Rhonda, yes, that's been my problem my whole life! I'm not the kind of person that can't eat when I'm stressed, sick, upset, etc. I wish I was! I'd be skinny!!
Big News! Peter peed in the potty Wednesday night, and pooped in it last night!! I'm soo excited! I really didn't expect him to go, because he's totally not interested. He'll sit on it sometimes (usually fully clothed), but never goes. Hoping to keep it up. Once he gets going at night down pat, I'll work on in the AM...right now we don't have 20 minutes to sit there in the AM...is that bad of me?!
Lauren, do you have the "Potty Time" vidoe - we call it the potty propaganda video, the songs are addictive and it works! Cate practically potty trained herself.
My emotional eating was always delayed - something would happen early in the day, say, and I'd find myself having a whole milk latte and a danish at 4:00 in the afternoon. (Then maybe a big cookie or something else equally bad, because I wasn't full yet. Other than one trip to Dunkin Donuts the day after I quit my job and it became apparent I was going to be engaged in an ugly and drawn out lawsuit, I've pretty much stopped emotional eating.
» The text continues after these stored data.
-- ===== src/System/Routes.antt =====
-- The routes of app/callbacks, app/approvals and app/operator, against the invariants of both
-- stores.
use mpesa_mcp_server.Common.{
  ℕ, String, Bool, true, false, Option, List, [], ◌∷◌, ◌≡◌, inl, inr, Bool-cases,
}
use mpesa_mcp_server.Common.Dict.{Dict}
use mpesa_mcp_server.Common.Json.{Json, str}
use mpesa_mcp_server.Common.Exec.{
  Exec, Result, ok, err, transition_error, infrastructure_unavailable, exception,
}
use mpesa_mcp_server.Common.Exec.Respects.{Preorder, Respects, Respects-if, respects_rules}
use mpesa_mcp_server.Approvals.Aside.{reject_request-Aside, list_pending_requests-Aside}
use mpesa_mcp_server.Approvals.Calls.{reject_request-Progress, list_pending_requests-Progress}
use mpesa_mcp_server.Approvals.Service.{reject_request, list_pending_requests}
use mpesa_mcp_server.Approvals.Routes.{
  ApprovalCall, serve_approval, list_pending, expire_stale, get_one, approve, reject,
  list_pending_approvals, expire_stale_route, get_approval, approve_payment_request,
  reject_payment_request,
}
use mpesa_mcp_server.Audit.Quiet.{log_event-Quiet}
use mpesa_mcp_server.Auth.Identity.{OperatorIdentity}
use mpesa_mcp_server.Auth.Routes.{RouteAnswer, guarded}
use mpesa_mcp_server.Auth.Security.{Access, granted, failure, require_viewer, require_admin}
use mpesa_mcp_server.Auth.Security as Security
use mpesa_mcp_server.Callbacks.Payload.{Builtins}
use mpesa_mcp_server.Callbacks.Results.{CallbackProcessingResult}
use mpesa_mcp_server.Callbacks.Replay.{ReplayDecision, check_and_store}
use mpesa_mcp_server.Callbacks.SourceVerifier.{CallbackSourceVerificationDecision, verify}
use mpesa_mcp_server.Callbacks.Routes.{
  CallbackSettings, CallbackResponse, http_exception, refused, build_callback_replay_key, Site,
  log_refusal, answer_of, run_handler, after_replay_check, check_replay, check_source, check_secret,
  handle_stk_callback,
}
use mpesa_mcp_server.Config.Settings.{Settings}
use mpesa_mcp_server.Payments.Records.{PaymentSettings}
use mpesa_mcp_server.System.Both.{Both, Both-Preorder, quiet, aside}
use mpesa_mcp_server.System.Payments.{execute_approved_payment-Both, expire_stale_approvals-Both}
use mpesa_mcp_server.Receipts.Service.{generate_receipt_by_reference}
use mpesa_mcp_server.Operator.Routes.{
  OperatorCall, serve_operator, list_transactions, get_transaction, list_audit_events,
  get_today_analytics, get_system_status, get_receipt, run_reconciliation, list_transactions_route,
  get_transaction_route, list_audit_events_route, get_today_analytics_route,
  get_system_status_route, get_receipt_route, run_reconciliation_route,
}
use mpesa_mcp_server.System.Readings.{get_today_summary-Both}
use mpesa_mcp_server.System.Others.{run_reconciliation-Both}
use Prim.Native.Char.{Char}
use mpesa_mcp_server.Operator.Routes.Laws.{generate_receipt_by_reference-Quiet}
use mpesa_mcp_server.World.{Env, World}

module _ (env : Env) where
  instance both : Preorder (Both env)
  both = Both-Preorder env

  -- The state of a callback's route, by the shared state in it.
  abbrev SiteBoth : Site → Site → Type 0
  SiteBoth site v = Both env site.world v.world

  instance site_both : Preorder SiteBoth
  site_both = record {
    reflexive = λ site. both.reflexive site.world;
    transitive = λ s t u. both.transitive s.world t.world u.world;
  }

  guarded-Both :
      {A : Type 0} (access : Access) (route : OperatorIdentity → Exec World (RouteAnswer A))
      → ((p : OperatorIdentity) → Respects (Both env) (route p))
      → Respects (Both env) (guarded access route)
  guarded-Both (granted p) route h = h p
  guarded-Both (Security.http_exception code detail) route h = search respects_rules
  guarded-Both (failure e) route h = search respects_rules

  module _ (builtins : Builtins) (quote : String → String) where
    log_refusal-Both :
        (event_type : String) (payload : Dict Json) (response : CallbackResponse)
        → Respects SiteBoth (log_refusal env builtins quote event_type payload response)
    unfolding log_refusal
    log_refusal-Both event_type payload response = record {
      at = λ site. (quiet env _ (log_event-Quiet env event_type payload _ _ _)).at site.world;
    }

    answer_of-Both :
        (result : Result CallbackProcessingResult)
        → Respects SiteBoth (answer_of env builtins quote result)
    answer_of-Both (ok result) = record { at = λ site. both.reflexive site.world }
    answer_of-Both (err (infrastructure_unavailable reason)) = log_refusal-Both _ _ _
    answer_of-Both (err (transition_error f t)) = record { at = λ site. both.reflexive site.world }
    answer_of-Both (err (exception text)) = record { at = λ site. both.reflexive site.world }

    module _ (settings : CallbackSettings)
        (process : Dict Json → Exec World CallbackProcessingResult)
        (kept : (payload : Dict Json) → Respects (Both env) (process payload)) where
      run_handler-Both :
          (payload : Dict Json)
          → Respects SiteBoth (run_handler env builtins quote settings process payload)
      run_handler-Both payload = record {
        at = λ site.
            let (result, w) = process payload site.world in
            both.transitive site.world w _ ((kept payload).at site.world)
              ((answer_of-Both result).at (record site { world = w }));
      }

      after_replay_check-Both :
          (payload : Dict Json) (d : ReplayDecision)
          → Respects SiteBoth (after_replay_check env builtins quote settings process payload d)
      unfolding after_replay_check
      after_replay_check-Both payload d =
          Respects-if d.allowed _ _ (λ e. run_handler-Both payload) (λ e. log_refusal-Both _ _ _)

      check_replay-Both :
          (now : ℕ) (payload : Dict Json)
          → Respects SiteBoth (check_replay env builtins quote settings process now payload)
      unfolding check_replay
      check_replay-Both now payload = record {
        at = λ site. elim (Bool-cases settings.callback_replay_protection_enabled) [
          | inr off ↦ rw off ((run_handler-Both payload).at site)
          | inl on ↦
              let (d, seen) =
                check_and_store (build_callback_replay_key env builtins quote payload)
                  settings.callback_replay_window_seconds now site.seen in
              rw on ((after_replay_check-Both payload d).at (record site { seen = seen }))
        ];
      }

      check_source-Both :
          (now : ℕ) (payload : Dict Json) (verified : Result CallbackSourceVerificationDecision)
          → Respects SiteBoth
              (check_source env builtins quote settings process now payload verified)
      unfolding check_source
      check_source-Both now payload (err e) = record { at = λ site. both.reflexive site.world }
      check_source-Both now payload (ok d) = record {
        at = λ site. elim (Bool-cases d.allowed) [
          | inl trusted ↦ rw trusted ((check_replay-Both now payload).at site)
          | inr untrusted ↦ rw untrusted (
              (log_refusal-Both "stk_callback_source_rejected" (("reason", str d.reason) ∷ [])
                  (refused 403 "callback_source_rejected" d.reason)).at
                site)
        ];
      }

      check_secret-Both :
          (now : ℕ) (headers : Dict String) (payload : Dict Json) (matching : Result Bool)
          (reason : String)
          → Respects SiteBoth
              (check_secret env builtins quote settings process now headers payload matching reason)
      unfolding check_secret
      check_secret-Both now headers payload (err e) reason = record {
        at = λ site. both.reflexive site.world;
      }
      check_secret-Both now headers payload (ok true) reason = record {
        at = λ site.
            (check_source-Both now payload (verify settings.callback_source_verifier headers)).at
              site;
      }
      check_secret-Both now headers payload (ok false) reason = record {
        at = λ site.
            (log_refusal-Both "stk_callback_rejected" (("reason", str reason) ∷ [])
                (http_exception 401 "Invalid callback credentials.")).at
              site;
      }

      pub handle_stk_callback-Both :
          (now : ℕ) (callback_secret : Option String) (headers : Dict String) (payload : Dict Json)
          (site : Site)
          → Both env site.world
              (handle_stk_callback env builtins quote settings process now callback_secret headers
                payload site).1.world
      unfolding handle_stk_callback
      handle_stk_callback-Both now callback_secret headers payload site =
          (check_secret-Both now headers payload _ _).at site

  module _ (issue_once : (i j : ℕ) → env.new_id i ≡ env.new_id j → i ≡ j)
      (settings : PaymentSettings) where
    rejecting-Both : (id : String) → Respects (Both env) (reject_request env settings.approvals id)
    rejecting-Both id =
        aside env _ (reject_request-Aside env settings.approvals id)
          (reject_request-Progress env settings.approvals id)

    listing-Both : Respects (Both env) (list_pending_requests env settings.approvals)
    listing-Both =
        aside env _ (list_pending_requests-Aside env settings.approvals)
          (list_pending_requests-Progress env settings.approvals)

    pub serve_approval-Both :
        (call : ApprovalCall) (access : Access)
        → Respects (Both env) (serve_approval env settings call access)
    unfolding serve_approval list_pending_approvals expire_stale_route get_approval
        approve_payment_request reject_payment_request
    serve_approval-Both list_pending access =
        guarded-Both access _ (λ p. search (respects_rules, listing-Both))
    serve_approval-Both expire_stale access =
        guarded-Both access _
          (λ p. search (respects_rules, expire_stale_approvals-Both env issue_once settings))
    serve_approval-Both (get_one id) access = guarded-Both access _ (λ p. search respects_rules)
    serve_approval-Both (approve id) access =
        guarded-Both access _
          (λ p. search (respects_rules, execute_approved_payment-Both env issue_once settings))
    serve_approval-Both (reject id) access =
        guarded-Both access _ (λ p. search (respects_rules, rejecting-Both))

  pub generate_receipt_by_reference-Both :
      (reference : String) → Respects (Both env) (generate_receipt_by_reference env reference)
  generate_receipt_by_reference-Both reference =
      quiet env _ (generate_receipt_by_reference-Quiet env reference)

  module _ (date : ℕ → ℕ) (minutes : ℕ) (s : Settings) (dependencies : List Bool)
      (is_space : Char → Bool) (lower : String → String)
      (jwks : Settings → Option String → Option OperatorIdentity) where
    abbrev seen_by : Option String → Access
    seen_by authorization = require_viewer is_space lower jwks s authorization

    pub serve_operator-Both :
        (call : OperatorCall) (authorization : Option String)
        → Respects
            (Both env)
            (serve_operator env date minutes s dependencies is_space lower jwks call authorization)
    unfolding serve_operator list_transactions_route get_transaction_route list_audit_events_route
        get_today_analytics_route get_system_status_route get_receipt_route run_reconciliation_route
    serve_operator-Both (list_transactions limit) authorization =
        guarded-Both (seen_by authorization) _ (λ p. search respects_rules)
    serve_operator-Both (get_transaction id) authorization =
        guarded-Both (seen_by authorization) _ (λ p. search respects_rules)
    serve_operator-Both (list_audit_events limit) authorization =
        guarded-Both (seen_by authorization) _ (λ p. search respects_rules)
    serve_operator-Both get_today_analytics authorization =
        guarded-Both (seen_by authorization) _
          (λ p. search (respects_rules, get_today_summary-Both env))
    serve_operator-Both get_system_status authorization =
        guarded-Both (seen_by authorization) _ (λ p. search respects_rules)
    serve_operator-Both (get_receipt reference) authorization =
        guarded-Both (seen_by authorization) _
          (λ p. search (respects_rules, generate_receipt_by_reference-Both))
    serve_operator-Both run_reconciliation authorization =
        guarded-Both (require_admin is_space lower jwks s authorization) _
          (λ p. search (respects_rules, run_reconciliation-Both env))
When I get the urge now, I remind myself that I've broken up with that food (whatever food it is my brain fixates on) and I don't need to think about it any longer. Sort of like reminding myself that I can't call an exboyfriend shortly after a breakup, to make me feel better about something bad in my life. I've noticed two things - the first is the cravings have dropped significantly. This may be one of the most turbulent months in my life - big highs, deep lows - and I am coping without turning to food. The second is that in the old days, I couldn't talk myself out of cravings - it tended to escalate not deflate them, now, if the simple "breakup" reminder doesn't work, I imagine myself on tv, with a live audiance who knows me and my struggles, chanting "No Amy No" as in, no - don't ruin your success for something that will do nothing for you. And that works like a charm. Because I still want to be able to enjoy a dessert now and then, I don't want to throw away the calories & fat grams on some crappy piece of food I am not going to enjoy.
Don't know if that helps you at all, but it is working wonders in my own head.
~~I don't want to throw away the calories & fat grams on some crappy piece of food I am not going to enjoy.~~
This is what I do on normal days...I look at the fat grams and calories to decide if its worth it to me. But lately I have been feeling a bit discouraged by the lack of weight loss/change. This makes it hard to stick to it really. In addition to that (just to give you some background) the main reason I started(isn't the only reason I have stuck with it) this diet/exercise deal was to be more attractive for my DH. I have been going to the tanning bed, wearing make up (not like me at all), wearing more attractive clothes, loosing weight...etc....and no more interest than before...VERY VERY hard to stick to it now...for awhile when I was seeing a big difference I didn't give a crap what he thought, but now that I have hit a bit of a plateau and he isn't more interested at the same time...very discouraging.